Friday, May 04, 2007

Carbon Credit Line

Mother Nature appears to be calling mankind’s line of credit. Cancellation notices are cropping up all over the world. German activists are in a last ditch effort to save that country’s single remaining glacier. Greenland hunters are looking into new career opportunities because the dwindling ice fields are no longer producing enough fish and game to support hunter families. The list could go on and on of significant environmental changes as a consequence of an increase in planet temperatures.

So mankind has set up its own credit line of sorts - carbon credits. Carbon credits place a monetary value on polluting the air. One credit is the equivalent of one ton of CO2 emissions. Generating credits results in assets while generating pollution uses up credits or creates a debt. Very clever, but how does an investor play this new credit line game?

First, there needs to be an exchange. In the case of carbon credits, there are two: the
Chicago Climate Exchange and European Climate Exchange. Only verified credits can be traded on these exchanges and there are authorized entities to visit the generating operation. None are public so far, so there is no public markets play at this level.

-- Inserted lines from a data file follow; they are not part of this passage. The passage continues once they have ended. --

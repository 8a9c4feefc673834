-- ===== src/PprfTree/Erased.antt =====
-- What the punctures leave in the cells that are no leaf: no byte of a key but in the two indices.
use mathlib.Core.Path.{subst}
use secure_deletion.Common.{
  ℕ, zero, suc, ◌+◌, ◌*◌, ◌≤◌, ◌<◌, ◌≡◌, ◌≢◌, refl, ap, sym, ◌∙◌, arith, ◌==◌, true, false, inl,
  inr, ℕ-cases, u32_mod,
}
use secure_deletion.PprfTree.{
  Block, NodeType, pprf_internal, pprf_keyleaf, pprf_puncture, Nodes, zero_block, set_type, set_key,
  selected, puncture_round, puncture_loop,
}
use secure_deletion.PprfTree.Dig.{puncture_loop-suc}

-- An internal node has two indices and zeros, a punctured one zeros.
abbrev pub Cleared : NodeType → Block → Type 0
Cleared pprf_keyleaf b = Unit
Cleared pprf_internal b = b.rest ≡ zero_block.rest
Cleared pprf_puncture b = b ≡ zero_block

-- Every cell that is no leaf is cleared, and the cells past the used part are zero.
pub record IsErased (m : Nodes) (size : ℕ) : Type 0 where
  pub cleared : (i : ℕ) → Cleared (m i).type (m i).v
  pub unused : (i : ℕ) → size ≤ i → (m i).v ≡ zero_block

module _ (prg : Block → Block × Block) (tag : ℕ) where
  round-unused :
      (m : Nodes) (size root depth : ℕ) (b : Block) (i : ℕ)
      → root < size
      → size + 1 ≤ i
      → (puncture_round prg m size root tag depth b i).v ≡ (m i).v
  round-unused m size root depth b i h le = ground arith

  round-else :
      (m : Nodes) (size root depth : ℕ) (b : Block) (i : ℕ)
      → root < size
      → root ≢ i
      → size ≢ i
      → size + 1 ≢ i
      → puncture_round prg m size root tag depth b i ≡ m i
  round-else m size root depth b i h ne ne' ne'' = ground arith

  round-root :
      (m : Nodes) (size root depth : ℕ) (b : Block)
      → root < size
      → ((puncture_round prg m size root tag depth b root).v.rest ≡ (m root).v.rest)
        × ((puncture_round prg m size root tag depth b root).type ≡ (m root).type)
  round-root m size root depth b h = (ground arith, ground arith)

  round-leaf :
      (m : Nodes) (size root depth : ℕ) (b : Block)
      → (puncture_round prg m size root tag depth b size).type ≡ pprf_keyleaf
  round-leaf m size root depth b = ground arith

  round-new :
      (m : Nodes) (size root depth : ℕ) (b : Block)
      → (puncture_round prg m size root tag depth b (size + 1)).type ≡ pprf_internal
  round-new m size root depth b = ground arith

  Cleared-at :
      (m r : Nodes) (i : ℕ) → r i ≡ m i → Cleared (m i).type (m i).v → Cleared (r i).type (r i).v
  Cleared-at m r i e h = subst (λ k. Cleared k.type k.v) (sym e) h

  -- A round from a cleared internal node leaves the cells cleared.
  round-IsErased :
      (m : Nodes) (size root depth : ℕ) (b : Block)
      → root < size
      → (m root).v ≡ zero_block
      → (m root).type ≡ pprf_internal
      → IsErased m size
      → IsErased (puncture_round prg m size root tag depth b) (size + 2)
  round-IsErased m size root depth b h z t erased =
      let r = puncture_round prg m size root tag depth b in
      record {
        cleared = λ i. elim (ℕ-cases root i) [
          | inl e ↦
              let (same, kind) = round-root m size root depth b h in
              subst (λ j. Cleared (r j).type (r j).v) e
                (subst (λ k. Cleared k (r root).v) (sym (kind ∙ t)) (same ∙ ap (λ v. v.rest) z))
          | inr ne ↦ elim (ℕ-cases size i) [
            | inl e ↦
                subst (λ j. Cleared (r j).type (r j).v) e
                  (subst (λ k. Cleared k (r size).v) (sym (round-leaf m size root depth b)) tt)
            | inr ne' ↦ elim (ℕ-cases (size + 1) i) [
              | inl e ↦
                  subst (λ j. Cleared (r j).type (r j).v) e
                    (subst (λ k. Cleared k (r (size + 1)).v) (sym (round-new m size root depth b))
                      (ap (λ v. v.rest)
                        (round-unused m size root depth b (size + 1) h (omega arith)
                          ∙ erased.unused (size + 1) (omega arith))))
              | inr ne'' ↦
                  Cleared-at m r i (round-else m size root depth b i h ne ne' ne'')
                    (erased.cleared i)
            ]
          ]
        ];
        unused = λ i le.
            round-unused m size root depth b i h (omega arith) ∙ erased.unused i (omega arith);
      }

  last-IsErased :
      (m : Nodes) (size root : ℕ)
      → root < size
      → (m root).v ≡ zero_block
      → IsErased m size
      → IsErased (set_type m root pprf_puncture) size
  last-IsErased m size root h z erased = record {
    cleared = λ i. elim (ℕ-cases root i) [
      | inl e ↦ let s : (root == i) ≡ true = ground arith in rw s z
      | inr ne ↦ let s : (root == i) ≡ false = ground arith in rw s (erased.cleared i)
    ];
    unused = λ i le. let s : (root == i) ≡ false = ground arith in rw s (erased.unused i le);
  }

  pub puncture_loop-IsErased :
      (n : ℕ) (m : Nodes) (size root depth : ℕ) (b : Block)
      → root < size
      → size + 2 * n < u32_mod
      → (m root).v ≡ zero_block
      → (m root).type ≡ pprf_internal
      → IsErased m size
      → IsErased
          (puncture_loop prg n m size root tag depth b).nodes
          (puncture_loop prg n m size root tag depth b).size
  puncture_loop-IsErased zero m size root depth b h small z t erased =
      unfold puncture_loop in last-IsErased m size root h z erased
  puncture_loop-IsErased (suc n) m size root depth b h small z t erased =
      rw (puncture_loop-suc prg tag n m size root depth b (omega arith)) (
        puncture_loop-IsErased n (puncture_round prg m size root tag depth b) (size + 2) (size + 1)
          (depth + 1) (selected prg tag depth b) (omega arith) (omega arith)
          (round-unused m size root depth b (size + 1) h (omega arith)
            ∙ erased.unused (size + 1) (omega arith))
          (round-new m size root depth b) (round-IsErased m size root depth b h z t erased))

-- What `puncture` does to the node that it finds before its loop.
pub opened-IsErased :
    (m : Nodes) (size root : ℕ)
    → root < size
    → IsErased m size
    → IsErased (set_type (set_key m root zero_block) root pprf_internal) size
opened-IsErased m size root h erased = record {
  cleared = λ i. elim (ℕ-cases root i) [
    | inl e ↦
        let s : (root == i) ≡ true = ground arith in
        let s' : (root == root) ≡ true = ground arith in rw (s, s') refl
    | inr ne ↦ let s : (root == i) ≡ false = ground arith in rw s (erased.cleared i)
  ];
  unused = λ i le. let s : (root == i) ≡ false = ground arith in rw s (erased.unused i le);
}
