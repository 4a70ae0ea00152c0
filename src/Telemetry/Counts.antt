-- ===== src/Telemetry/Counts.antt =====
-- swaram/telemetry/prometheus.py: what a counter shows after it is incremented.
use mach.Prelude.{
  ◌≡◌, refl, sym, ◌∙◌, ap, inl, inr, true, false, Bool-cases, List, [], ◌∷◌, if◌then◌else◌,
}
use mach.Text.{Text, eq_text}
use mach.Text.Laws.{eq-eq_text}
use mach.Float.{Float, ◌⊕◌}
use mach.Telemetry.{Counter, labels, inc, get, value_at, set_at, key_of}

module _ {ℓ} {F : Type ℓ} ⦃fl : Float F⦄ where
  value_at-set_at :
      (k j : Text) (v : F) (m : List (Text × F))
      → value_at k (set_at j v m) ≡ (if eq_text k j then v else value_at k m)
  unfolding value_at set_at
  value_at-set_at k j v [] = refl
  value_at-set_at k j v ((i, w) ∷ m) = elim (Bool-cases (eq_text j i)) [
    | inl e ↦
        let same = ap (eq_text k) (eq-eq_text j i e) in
        elim (Bool-cases (eq_text k i)) [
          | inl f ↦ rw (set_at, e, value_at, same, f) refl
          | inr f ↦ rw (set_at, e, value_at, same, f) refl
        ]
    | inr e ↦ elim (Bool-cases (eq_text k i)) [
      | inl f ↦ elim (Bool-cases (eq_text k j)) [
        | inl g ↦
            absurd (
              let clash : true ≡ false = sym f ∙ ap (λ x. eq_text x i) (eq-eq_text k j g) ∙ e in cc)
        | inr g ↦ rw (set_at, e, value_at, f, g) refl
      ]
      | inr f ↦ rw (set_at, e, value_at, f) (value_at-set_at k j v m)
    ]
  ]

  -- An increment under some labels adds to the value that the same labels show, and leaves that of all other labels.
  get-inc :
      (kwargs shown : List (Text × Text)) (amount : F) (c : Counter F)
      → get shown (inc amount (labels kwargs c))
        ≡ (if eq_text (key_of shown) (key_of kwargs) then get shown c ⊕ amount else get shown c)
  unfolding get inc labels
  get-inc kwargs shown amount c =
      let key = key_of kwargs in
      let at = value_at-set_at (key_of shown) key (value_at key c.values ⊕ amount) c.values in
      elim (Bool-cases (eq_text (key_of shown) key)) [
        | inl e ↦
            rw (get, inc, labels, at, e)
              (ap (λ x. value_at x c.values ⊕ amount) (sym (eq-eq_text (key_of shown) key e)))
        | inr e ↦ rw (get, inc, labels, at, e) refl
      ]
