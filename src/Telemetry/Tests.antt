-- ===== src/Telemetry/Tests.antt =====
-- Counters on concrete labels.
use mach.Prelude.{◌≡◌, refl, List, [], ◌∷◌}
use mach.Prelude.Int.{◌+ℤ◌}
use mach.Text.{Text, codes, eq_text}
use mach.Float.Fixed.{fixed_float}
use mach.Telemetry.{
  new_counter, labels, inc, get, value_at, set_at, key_of, sort_items, insert_item, join_items,
  lt_text,
}
open fixed_float use {decimal as num}

abbrev delta : List (Text × Text)
delta = (codes "symbol", codes "BTC") ∷ (codes "provider", codes "delta") ∷ []

key_sorted : key_of delta ≡ codes "provider=delta,symbol=BTC"
unfolding key_of sort_items insert_item join_items lt_text
key_sorted = refl

-- An increment with no labels is not seen by `get` with none: it is stored under another key. After
-- a call of `labels` it goes to those labels.
unlabelled : get [] (inc (num 1 0) new_counter) ≡ num 0 0
unfolding get inc value_at set_at key_of sort_items join_items eq_text ◌+ℤ◌
unlabelled = refl

labels_stay : get delta (inc (num 1 0) (inc (num 1 0) (labels delta new_counter))) ≡ num 2 0
unfolding get inc labels value_at set_at key_of sort_items insert_item join_items lt_text eq_text
    ◌+ℤ◌
labels_stay = refl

Once approved, a generator can sell carbon credits to entities which are in a deficit. Microgy, Inc. a subsidiary of
Environmental Power Corp. (EPG: AMEX), which was first profiled in the November 2006 issue of our Small Cap SEARCH newsletter, is an approved generator in the U.S. The Italy subsidiary of Fuel Tech, Inc. (FTEK: Nasdaq), which is in the coverage universe of Crystal Equity Research, also generates carbon credits for trading on the European Exchange. Industrial producers of cement or steel are examples of those operations that would be in the market for a carbon credit. That list is quite lengthy.

At first glance it might appear that the carbon credit scheme is not much more than a shell game. After all, in order to cool down the planet, the polluters still have to physically reduce carbon emissions and alternative energy must be produced in meaningful quantities to replace fossil fuel. It is important to view carbon credits as lubrication for the process. A substitution of non-polluting fuel for fossil fuel has a price tag and requires considerable capital investment. A substitution of non-polluting fuel for fossil fuel has a price tag and requires considerable capital investment. By monetizing carbon emissions it facilitates analysis by investors of the both the costs of carbon pollution and the non-polluting value of renewable energy.

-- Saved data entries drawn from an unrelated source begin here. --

-- ===== src/Client/Redis.antt =====
-- cpp/include/nsb.h and cpp/src/nsb.cc: `DBConnector` and `RedisConnector`.
-- hiredis and the Redis server are a parameter: a connection is a state, and a command takes its
-- arguments as they stand after `%s` has read them as C strings.
use nsb_beta.Base.{
  ℕ, ◌+◌, ◌%◌, ◌^◌, ◌≡◌, Bool, true, Option, none, some, List, [], ◌∷◌, ◌++◌, if◌then◌else◌, Bytes,
  codes, str_eq, c_str, pos, to_int32, to_string,
}
use nsb_beta.Outcome.{Outcome, ok, fault, null_pointer, ◌>>=◌}

-- `reply->type` is nil, or the reply has the bytes of `reply->str`.
pub data Reply : Type 0 where
  nil : Reply
  str : Bytes → Reply

-- `connected` is `context->err == REDIS_OK`; a command that fails has no reply and sets `err`.
pub record Redis : Type 1 where
  pub State : Type 0
  pub connected : State → Bool
  pub command : State → List Bytes → State × Option Reply

-- What the code relies on: the documented effect of SET, GET and GETDEL on the stored values, while
-- the connection is good.
pub record IsLawful (r : Redis) : Type 0 where
  pub stored : r.State → Bytes → Option Bytes
  pub set_reply :
      (s : r.State) (k v : Bytes)
      → r.connected s ≡ true
      → (r.command s (codes "SET" ∷ k ∷ v ∷ [])).1 ≡ some (str (codes "OK"))
  pub set_connected :
      (s : r.State) (k v : Bytes)
      → r.connected s ≡ true
      → r.connected (r.command s (codes "SET" ∷ k ∷ v ∷ [])).0 ≡ true
  pub set_stored :
      (s : r.State) (k v j : Bytes)
      → r.connected s ≡ true
      → stored (r.command s (codes "SET" ∷ k ∷ v ∷ [])).0 j
        ≡ (if str_eq k j then some v else stored s j)
  pub getdel_reply :
      (s : r.State) (k : Bytes)
      → r.connected s ≡ true
      → (r.command s (codes "GETDEL" ∷ k ∷ [])).1
        ≡ some (elim (stored s k) [ none ↦ nil | some v ↦ str v ])
  pub getdel_connected :
      (s : r.State) (k : Bytes)
      → r.connected s ≡ true
      → r.connected (r.command s (codes "GETDEL" ∷ k ∷ [])).0 ≡ true
  pub getdel_stored :
      (s : r.State) (k j : Bytes)
      → r.connected s ≡ true
      → stored (r.command s (codes "GETDEL" ∷ k ∷ [])).0 j
        ≡ (if str_eq k j then none else stored s j)
  pub get_reply :
      (s : r.State) (k : Bytes)
      → r.connected s ≡ true
      → (r.command s (codes "GET" ∷ k ∷ [])).1
        ≡ some (elim (stored s k) [ none ↦ nil | some v ↦ str v ])
  pub get_stored :
      (s : r.State) (k j : Bytes)
      → r.connected s ≡ true
      → stored (r.command s (codes "GET" ∷ k ∷ [])).0 j ≡ stored s j

-- `clientId` and `plctr`.
pub record Connector : Type 0 where
  pub client_id : Bytes
  pub plctr : ℕ

-- `DBConnector(clientIdentifier)`
abbrev pub new_connector : Bytes → Connector
new_connector id = record { client_id = id; plctr = 0 }

-- `now` is the count of the system clock. The mask `0xFFFFF` keeps the low 20 bits.
unfoldable pub payload_id : ℕ → Bytes → ℕ → Bytes
payload_id now client_id plctr =
    to_string (to_int32 now) ++ b'-' ∷ (client_id ++ b'-' ∷ to_string (pos plctr))

unfoldable pub generate_payload_id : ℕ → Connector → Bytes × Connector
unfolding payload_id
generate_payload_id now c =
    let plctr = (c.plctr + 1) % 2 ^ 20 in
    (payload_id now c.client_id plctr, record c { plctr = plctr })

module _ (r : Redis) where
  -- `store`: the key, or no bytes on a failure.
  unfoldable pub store : ℕ → Bytes → Connector → r.State → Bytes × Connector × r.State
  unfolding generate_payload_id c_str
  store now value c s =
      if r.connected s
      then (let (key, c') = generate_payload_id now c in
          let (s', reply) = r.command s (codes "SET" ∷ c_str key ∷ c_str value ∷ []) in
          (if r.connected s' then key else [], c', s'))
      else ([], c, s)

  reply_value : Option Reply → Outcome Bytes
  reply_value none = fault null_pointer
  reply_value (some nil) = ok []
  reply_value (some (str v)) = ok v

  unfoldable pub check_out : Bytes → r.State → Outcome (Bytes × r.State)
  unfolding reply_value c_str
  check_out key s =
      if r.connected s
      then (let (s', reply) = r.command s (codes "GETDEL" ∷ c_str key ∷ []) in
          (if r.connected s' then reply_value reply else ok []) >>= λ v. ok (v, s'))
      else ok ([], s)

  -- Unlike the others, `peek` reads the reply without a look at `context->err`.
  unfoldable pub peek : Bytes → r.State → Outcome (Bytes × r.State)
  unfolding reply_value c_str
  peek key s =
      if r.connected s
      then (let (s', reply) = r.command s (codes "GET" ∷ c_str key ∷ []) in
          reply_value reply >>= λ v. ok (v, s'))
      else ok ([], s)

The list of possible investments among carbon credit generators is short but growing. The real cost of industrial operations is probably not fully appreciated and therefore the true profitability of certain high-polluting industries is probably overstated. We expect the topic to gain prominence in analyst commentary as investors demand more accountability to pollution generation. Imagine the discussion if public companies were required to show carbon assets and liabilities on their balance sheet. We expect that is a long time in coming. But we do see some early discussion of credit generation as more companies see it as a way to wring more value about of their processes.



Neither the author of the Small Cap Copy web log, Crystal Equity Research nor its affiliates have a beneficial interest in the companies mentioned herein. Crystal Equity Research has a Buy rating on FTEK and EPG is profiled with a favorable viewpoint in Small Cap SEARCH.